# Some russian horses)))



## annaleah (Jul 6, 2010)

I loved them!! creative, yet simple. Nice work!!


----------



## jumper25 (Dec 23, 2009)

Beautiful!


----------



## paintluver (Apr 5, 2007)

Beautiful. I love the grey arab and the last bay horse. Gorgeous shots.


----------



## BrewCrew (May 12, 2010)

The colors are so vibrant and alive. Great work!


----------



## LoveStory10 (Oct 31, 2009)

Wow you are very good, those picturess are just stunning


----------



## Tamara Didenko (Nov 9, 2010)

Thank you, guys))) I'm glad you like my works!


----------



## RedTree (Jan 20, 2010)

Awesome photos


----------



## Visibre (Jul 14, 2009)

oh woow
they are great!


----------



## Sunny (Mar 26, 2010)

Absolutely beautiful.


----------



## HorseChic (Jun 19, 2010)

These pix are stunning! Good work.


----------



## Tamara Didenko (Nov 9, 2010)

Thanks all of you!

Arabian stallion HK Marcello, Tersk Stud

DTI_3642 by dozornaya, on Flickr


----------



## CinderEve (Oct 26, 2010)

Gorgeous work! красивейше!


----------



## MsKibibi (Oct 2, 2010)

Beautiful pictures!


----------



## Tamara Didenko (Nov 9, 2010)

Thanks to all of you!
Akhal-teke stallion Pekhimdar


----------



## LoveStory10 (Oct 31, 2009)

Gorgeous!!! ^_^


----------



## Dreamcatcher Arabians (Nov 14, 2010)

Tamara Didenko said:


> Hello people!
> A friend of mine *Ogait*, who is user of this forum as well, adviced me to visit it and to share some of my pictures with you) I'm equine photographer. For most time I live in Russia, but I visit USA pretty often, because my parents live here. Now I'm in NYS. Would like to show you some of my photos:
> 
> 
> ...


 
WOW, who is the lovely Grey in the top photo? What an exotic face!


----------



## Tamara Didenko (Nov 9, 2010)

Thanks!
His name is Banderos (2007, WH Justice - Borodina), he is an active stallion of Tersk Stud, Russia))) 

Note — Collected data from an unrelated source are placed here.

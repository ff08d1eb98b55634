-- ===== src/Orders/Restock.antt =====
-- Step 5 of the overdue run: the stock that a return puts back.
use seapedia.Prelude.{
  ℕ, ◌+◌, ◌≡◌, refl, ◌∙◌, ap, ◌≢◌, true, false, Option, none, some, List, [], ◌∷◌, arith, inl, inr,
  Bool-cases, Option-cases, find, update, ◌==◌, is_some, eq_of_==, IsKeyed, IsKeyed-update, All,
  if◌then◌else◌,
}
use seapedia.Db.{Stock, OrderItem, Db, OnOk, OnOk-continue, OnOk-imp, Env}
use seapedia.Checkout.Stock.{on_hand}
use seapedia.Checkout.Placed.{units}
use seapedia.Orders.Overdue.{is_stock_of, add_stock, too_many, restore_item, restore_items}

abbrev NoRow : ℕ → List Stock → Type 0
NoRow p = All (λ s. s.product_id ≢ p)

add_none :
    (env : Env) (p q : ℕ) (rows : List Stock)
    → NoRow p rows
    → update (is_stock_of p) (add_stock env q) rows ≡ rows
add_none env p q [] _ = refl
add_none env p q (s ∷ rows) (n, ns) = rw (add_none env p q rows ns) (ground arith)

-- Adding to a product leaves every other product's stock.
on_hand-other :
    (env : Env) (p q k : ℕ) (rows : List Stock)
    → (p == k) ≡ false
    → on_hand k (update (is_stock_of p) (add_stock env q) rows) ≡ on_hand k rows
on_hand-other env p q k [] n = refl
on_hand-other env p q k (r ∷ rows) n = ground (arith, on_hand-other env p q k rows n)

-- Where a product has one row, adding to it adds to its stock.
on_hand-same :
    (env : Env) (q k : ℕ) (rows : List Stock)
    → IsKeyed (λ r. r.product_id) rows
    → is_some (find (is_stock_of k) rows) ≡ true
    → on_hand k (update (is_stock_of k) (add_stock env q) rows) ≡ on_hand k rows + q
on_hand-same env q k [] keyed there = cc
on_hand-same env q k (r ∷ rows) (new, keyed) there = elim (Bool-cases (r.product_id == k)) [
  | inl t ↦
      let at : r.product_id ≡ k = eq_of_== r.product_id k t in
      let rest = add_none env k q rows (rw at at new) in rw (t, rest, t) (omega arith)
  | inr t ↦ rw (t, t) (omega (arith, on_hand-same env q k rows keyed (rw t at there)))
]

on_hand-add :
    (env : Env) (p q k : ℕ) (rows : List Stock)
    → IsKeyed (λ r. r.product_id) rows
    → is_some (find (is_stock_of k) rows) ≡ true
    → on_hand k (update (is_stock_of p) (add_stock env q) rows)
      ≡ on_hand k rows + (if p == k then q else 0)
on_hand-add env p q k rows keyed there = elim (Bool-cases (p == k)) [
  | inl t ↦ rw (t, eq_of_== p k t) (on_hand-same env q k rows keyed there)
  | inr t ↦ rw (t, on_hand-other env p q k rows t) (omega arith)
]

-- The rows are there still, with the same ids.
still_stocked :
    (env : Env) (p q k : ℕ) (rows : List Stock)
    → is_some (find (is_stock_of k) rows) ≡ true
    → is_some (find (is_stock_of k) (update (is_stock_of p) (add_stock env q) rows)) ≡ true
still_stocked env p q k [] h = h
still_stocked env p q k (r ∷ rows) h = ground (arith, still_stocked env p q k rows)

-- What the items put back, and the tables that they leave alone.
pub record Restocks (items : List OrderItem) (d d' : Db) : Type 0 where
  pub keyed : IsKeyed (λ r. r.product_id) d'.inventory
  pub stocked :
      (k : ℕ)
      → is_some (find (is_stock_of k) d.inventory) ≡ true
      → is_some (find (is_stock_of k) d'.inventory) ≡ true
  pub put_back :
      (k : ℕ)
      → is_some (find (is_stock_of k) d.inventory) ≡ true
      → on_hand k d'.inventory ≡ on_hand k d.inventory + units k items
  pub rest : d' ≡ record d { inventory = d'.inventory; outbox = d'.outbox }

restore_item-Restocks :
    (env : Env) (i : OrderItem) (d : Db)
    → IsKeyed (λ r. r.product_id) d.inventory
    → OnOk (λ _ d'. Restocks (i ∷ []) d d') (restore_item env i d)
restore_item-Restocks env i d keyed = go i.product_id refl
  where
    go :
        (o : Option ℕ)
        → i.product_id ≡ o
        → OnOk (λ _ d'. Restocks (i ∷ []) d d') (restore_item env i d)
    go none e =
        rw (restore_item, e)
          (record { keyed = keyed; stocked = λ k h. h; put_back = λ k h. omega arith; rest = refl })
    go (some p) e =
        rw (restore_item, e)
          (elim (Option-cases (find (too_many p i.quantity) d.inventory)) [
            | inr (s, full) ↦ rw full tt
            | inl fits ↦ rw fits (record {
              keyed =
                  IsKeyed-update (λ r. r.product_id) (is_stock_of p) (add_stock env i.quantity)
                    d.inventory (λ _. refl) keyed;
              stocked = λ k h. still_stocked env p i.quantity k d.inventory h;
              put_back = λ k h. omega (arith, on_hand-add env p i.quantity k d.inventory keyed h);
              rest = refl;
            })
          ])

pub restore_items-Restocks :
    (env : Env) (is : List OrderItem) (d : Db)
    → IsKeyed (λ r. r.product_id) d.inventory
    → OnOk (λ _ d'. Restocks is d d') (restore_items env is d)
unfolding restore_items
restore_items-Restocks env [] d keyed = record {
  keyed = keyed;
  stocked = λ k h. h;
  put_back = λ k h. omega arith;
  rest = refl;
}
restore_items-Restocks env (i ∷ is) d keyed =
    OnOk-continue (λ _ d'. Restocks (i ∷ []) d d') _ (restore_item env i d) _
      (restore_item-Restocks env i d keyed)
      λ _ d₁ r.
        OnOk-imp (λ _ d'. Restocks is d₁ d') (λ _ d'. Restocks (i ∷ is) d d')
          (restore_items env is d₁)
          (λ _ d₂ s. record {
            keyed = s.keyed;
            stocked = λ k h. s.stocked k (r.stocked k h);
            put_back = λ k h. omega (arith, s.put_back k (r.stocked k h), r.put_back k h);
            rest =
                s.rest
                ∙ ap (λ (x : Db). record x { inventory = d₂.inventory; outbox = d₂.outbox }) r.rest;
          })
          (restore_items-Restocks env is d₁ r.keyed)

Another stallion from Tersk Stud:
Pobeditel (Balaton - Pantomima), 1998


----------



## Dreamcatcher Arabians (Nov 14, 2010)

Tamara Didenko said:


> Thanks!
> His name is Banderos (2007, WH Justice - Borodina), he is an active stallion of Tersk Stud, Russia)))
> 
> Another stallion from Tersk Stud:
> Pobeditel (Balaton - Pantomima), 1998


Well, the grey has an exquisite face, but I like the substance of Pobeditel. And you cannot miss that masquline look either. Great PICS!!


----------



## Tamara Didenko (Nov 9, 2010)

*Dreamcatcher Arabians*, I suppose Banderos and Pobeditel are from different lines of breeding. I know that Tersk stud breed both show and race arabians. So Pobeditel is from race line and Banderos is from show line. I've already had two trips to Tersk stud last and this year and I've got lots of pictures of their arabians))) I will keep showing them)))


----------



## Dreamcatcher Arabians (Nov 14, 2010)

Tamara, I love the pics from Tersk stud. My own lines have a lot of Russian in them and I love the looks and substance of the Russian bred Arabians. Banderos looks a lot like what is winning here in the American show rings and, while I appreciate his gorgeousness, I consistently find myself drawn to horses like Pobeditel for myself. 

Please keep posting your pics, they're lovely!


----------



## equiniphile (Aug 16, 2009)

Was the last pic in the first post edited to get the flowers on the ground? It's gorgeous!


----------



## Tamara Didenko (Nov 9, 2010)

*Dreamcatcher Arabians*, thanks, I will))

*equiniphile*, no it wasn't))) The flowers were really there)))


----------